Prompt:
Establish how many lines in the records below include the word "zero"; respond with that number only.

Given records:
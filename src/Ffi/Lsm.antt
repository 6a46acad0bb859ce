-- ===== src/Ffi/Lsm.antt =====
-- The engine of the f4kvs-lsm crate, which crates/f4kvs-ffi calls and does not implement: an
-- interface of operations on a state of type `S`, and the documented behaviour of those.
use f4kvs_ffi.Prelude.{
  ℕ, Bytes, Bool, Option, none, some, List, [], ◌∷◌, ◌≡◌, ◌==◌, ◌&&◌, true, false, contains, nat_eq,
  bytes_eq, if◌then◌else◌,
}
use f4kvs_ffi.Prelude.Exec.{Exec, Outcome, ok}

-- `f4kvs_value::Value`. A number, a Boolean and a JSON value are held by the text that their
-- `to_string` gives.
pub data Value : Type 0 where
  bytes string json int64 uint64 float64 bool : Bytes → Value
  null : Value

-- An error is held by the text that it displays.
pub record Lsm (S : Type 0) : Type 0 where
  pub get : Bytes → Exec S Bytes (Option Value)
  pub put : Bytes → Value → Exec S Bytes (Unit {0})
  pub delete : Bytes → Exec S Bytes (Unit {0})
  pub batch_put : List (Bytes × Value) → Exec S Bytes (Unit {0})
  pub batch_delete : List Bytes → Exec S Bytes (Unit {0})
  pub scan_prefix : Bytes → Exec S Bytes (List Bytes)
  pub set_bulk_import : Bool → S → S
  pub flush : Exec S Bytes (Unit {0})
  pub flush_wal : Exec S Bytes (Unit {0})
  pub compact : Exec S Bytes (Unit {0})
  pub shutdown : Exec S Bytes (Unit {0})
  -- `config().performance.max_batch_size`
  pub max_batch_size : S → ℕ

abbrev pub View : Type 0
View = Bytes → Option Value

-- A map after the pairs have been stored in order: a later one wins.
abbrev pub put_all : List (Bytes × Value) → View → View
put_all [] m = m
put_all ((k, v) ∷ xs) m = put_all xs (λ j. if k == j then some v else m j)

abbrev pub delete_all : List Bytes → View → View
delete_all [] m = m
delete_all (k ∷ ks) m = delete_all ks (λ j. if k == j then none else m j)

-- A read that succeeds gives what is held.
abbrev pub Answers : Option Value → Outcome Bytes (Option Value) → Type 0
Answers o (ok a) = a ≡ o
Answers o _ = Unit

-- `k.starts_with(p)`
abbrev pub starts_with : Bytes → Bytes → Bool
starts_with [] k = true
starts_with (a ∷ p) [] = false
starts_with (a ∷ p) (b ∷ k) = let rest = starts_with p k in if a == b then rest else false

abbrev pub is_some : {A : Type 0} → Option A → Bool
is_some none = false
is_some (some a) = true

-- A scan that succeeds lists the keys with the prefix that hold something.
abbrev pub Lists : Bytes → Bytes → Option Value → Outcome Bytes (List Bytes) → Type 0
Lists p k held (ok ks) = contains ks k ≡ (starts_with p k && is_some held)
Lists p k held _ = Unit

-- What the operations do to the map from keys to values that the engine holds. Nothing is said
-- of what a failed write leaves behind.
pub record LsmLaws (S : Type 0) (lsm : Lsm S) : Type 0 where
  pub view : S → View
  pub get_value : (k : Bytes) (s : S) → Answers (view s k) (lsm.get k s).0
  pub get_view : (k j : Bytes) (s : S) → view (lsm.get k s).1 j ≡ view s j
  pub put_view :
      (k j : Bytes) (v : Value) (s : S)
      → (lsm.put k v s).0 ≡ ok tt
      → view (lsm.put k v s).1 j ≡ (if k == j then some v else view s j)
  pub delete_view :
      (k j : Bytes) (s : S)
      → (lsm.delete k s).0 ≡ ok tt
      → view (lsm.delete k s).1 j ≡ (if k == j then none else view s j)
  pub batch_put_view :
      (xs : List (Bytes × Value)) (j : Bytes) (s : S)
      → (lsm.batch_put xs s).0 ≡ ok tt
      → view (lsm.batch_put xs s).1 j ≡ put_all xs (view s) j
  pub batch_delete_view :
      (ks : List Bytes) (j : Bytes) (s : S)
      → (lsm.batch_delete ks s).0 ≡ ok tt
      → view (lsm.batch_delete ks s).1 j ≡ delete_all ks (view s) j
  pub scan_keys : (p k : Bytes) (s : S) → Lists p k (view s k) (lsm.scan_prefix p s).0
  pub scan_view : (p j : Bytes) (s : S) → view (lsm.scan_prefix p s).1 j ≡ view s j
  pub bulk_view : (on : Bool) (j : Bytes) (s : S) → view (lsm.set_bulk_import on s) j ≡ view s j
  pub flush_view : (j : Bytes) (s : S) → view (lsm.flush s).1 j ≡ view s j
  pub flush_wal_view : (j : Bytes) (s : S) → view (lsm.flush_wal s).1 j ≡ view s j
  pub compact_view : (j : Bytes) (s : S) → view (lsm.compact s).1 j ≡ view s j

...

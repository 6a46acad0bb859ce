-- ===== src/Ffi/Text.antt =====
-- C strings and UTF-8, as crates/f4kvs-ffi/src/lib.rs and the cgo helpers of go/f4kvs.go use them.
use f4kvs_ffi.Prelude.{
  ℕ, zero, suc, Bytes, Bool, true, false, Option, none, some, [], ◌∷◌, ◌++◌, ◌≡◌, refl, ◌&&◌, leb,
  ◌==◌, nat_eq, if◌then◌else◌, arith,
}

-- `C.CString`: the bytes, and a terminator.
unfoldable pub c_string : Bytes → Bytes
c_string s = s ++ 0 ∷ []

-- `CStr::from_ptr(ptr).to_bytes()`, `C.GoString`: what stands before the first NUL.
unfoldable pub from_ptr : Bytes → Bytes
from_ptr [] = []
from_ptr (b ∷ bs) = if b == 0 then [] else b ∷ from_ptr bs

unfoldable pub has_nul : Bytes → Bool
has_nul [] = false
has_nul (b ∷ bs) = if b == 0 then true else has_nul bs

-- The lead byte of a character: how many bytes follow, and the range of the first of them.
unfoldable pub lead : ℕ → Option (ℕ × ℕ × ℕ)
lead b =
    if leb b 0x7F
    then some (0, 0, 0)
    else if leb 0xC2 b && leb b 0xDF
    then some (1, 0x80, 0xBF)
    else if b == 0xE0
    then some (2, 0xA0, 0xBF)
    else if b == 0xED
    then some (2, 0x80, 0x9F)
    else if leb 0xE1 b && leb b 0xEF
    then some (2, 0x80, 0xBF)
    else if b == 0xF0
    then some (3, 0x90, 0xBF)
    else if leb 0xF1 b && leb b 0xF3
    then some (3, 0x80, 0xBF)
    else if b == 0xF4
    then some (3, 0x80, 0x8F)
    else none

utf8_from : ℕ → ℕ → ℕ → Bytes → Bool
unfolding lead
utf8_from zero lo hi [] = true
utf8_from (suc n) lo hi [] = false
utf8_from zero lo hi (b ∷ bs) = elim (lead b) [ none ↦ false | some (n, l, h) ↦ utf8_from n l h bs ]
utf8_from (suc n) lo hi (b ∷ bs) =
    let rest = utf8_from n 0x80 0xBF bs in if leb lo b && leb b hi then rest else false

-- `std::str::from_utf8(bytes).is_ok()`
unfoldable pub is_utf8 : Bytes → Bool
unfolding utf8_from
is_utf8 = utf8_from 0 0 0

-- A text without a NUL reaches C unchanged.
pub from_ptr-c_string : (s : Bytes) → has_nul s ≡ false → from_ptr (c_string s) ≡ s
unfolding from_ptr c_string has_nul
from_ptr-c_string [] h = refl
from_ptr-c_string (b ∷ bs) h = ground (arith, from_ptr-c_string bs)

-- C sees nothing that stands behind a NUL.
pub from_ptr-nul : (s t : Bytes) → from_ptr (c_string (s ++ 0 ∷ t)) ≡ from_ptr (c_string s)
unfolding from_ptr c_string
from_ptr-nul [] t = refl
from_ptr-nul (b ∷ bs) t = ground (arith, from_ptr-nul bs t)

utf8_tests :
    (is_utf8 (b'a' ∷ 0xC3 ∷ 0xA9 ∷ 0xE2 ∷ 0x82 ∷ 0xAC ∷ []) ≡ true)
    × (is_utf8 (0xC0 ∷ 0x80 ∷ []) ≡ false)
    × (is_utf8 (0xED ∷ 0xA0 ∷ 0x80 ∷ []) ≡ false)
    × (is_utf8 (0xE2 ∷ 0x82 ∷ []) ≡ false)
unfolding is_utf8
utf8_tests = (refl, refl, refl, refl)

Response box:
3